--- Records to process ---
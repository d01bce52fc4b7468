-- ===== src/Ver/Runs.antt =====
-- Exchanges on concrete inputs.
use lodos.Base.{
  ℕ, suc, ◌-◌, ◌^◌, ◌≡◌, ◌≢◌, refl, true, false, none, some, List, [], ◌∷◌, All, arith,
}
use lodos.Io.Result.{ok}
use lodos.Ver.{
  ExchangeUnit, Written, done, Store, new_good, new_entity, create_entity, create_goods,
  ExchangeVerify, check_units, check_each, verify_units, verify_goods, verify_each, written,
}
use lodos.Ver.Exchange.{saved, exchange_goods, push_to_redis, push_goods}
use lodos.Ver.Exchange.Conserves.{
  total, deltas, new_funds, Owns, AllSettle, exchange_goods-Conserves,
}
use lodos.Ver.Exchange.Refuses.{exchange_goods-gives_out}

-- A store that counts its writes; every goods that it knows belongs to the entity 0.
abbrev store : Store ℕ
store = record {
  get = λ key n. ok (b'{' ∷ []);
  put = λ key value n. (none, suc n);
  unmarshal = λ value g. g;
  marshal_entity = λ e. ok [];
  marshal_goods = λ g. ok [];
}

abbrev seller : ExchangeUnit
seller = record { entity = some (new_entity (b's' ∷ []) 7 1 10); fund = 30; goods = some [] }

abbrev buyer : ExchangeUnit
buyer = record {
  entity = some (new_entity (b'b' ∷ []) 8 1 100);
  fund = 2 ^ 64 - 30;
  goods = some (new_good 0 5 2 false ∷ []);
}

exchange_goods-Conserves_example :
    (ws : List Written) × (total (deltas (seller ∷ buyer ∷ [])) ≡ 0)
    × (total (new_funds ws) ≡ 110)
    × All (Owns store 0) (seller ∷ buyer ∷ [])
    × AllSettle (seller ∷ buyer ∷ []) ws
    × (saved store true ws 0 ≡ (done tt, 3))
unfolding exchange_goods check_units check_each verify_units verify_goods verify_each written
    push_to_redis push_goods
exchange_goods-Conserves_example =
    exchange_goods-Conserves store true (seller ∷ buyer ∷ []) 0 3 refl

abbrev giver : ExchangeUnit
giver = record seller { goods = some (new_good 0 (2 ^ 64 - 5) 2 false ∷ []) }

exchange_goods-gives_out_example :
    ((exchange_goods store true (giver ∷ buyer ∷ []) 0).1 ≡ 0)
    × ((exchange_goods store true (giver ∷ buyer ∷ []) 0).0 ≢ done tt)
exchange_goods-gives_out_example =
    exchange_goods-gives_out store true (giver ∷ buyer ∷ []) 0
      (((omega arith, refl), tt), (((omega arith, refl), tt), tt)) refl

-- An entity and the goods made behind it have one number.
abbrev counters : ExchangeVerify
counters = record { cur_seq = 4; max_seq = 10; step = 10 }

shared_number :
    ((create_entity [] 1 0 counters).0.0 ≡ 5)
    × ((create_goods 5 1 false (create_entity [] 1 0 counters).1).0.0 ≡ 5)
unfolding create_entity create_goods
shared_number = (refl, refl)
---
→ **What is needed**: Output only the count of lines in the data containing "value".

→ **Answer to the problem**: 2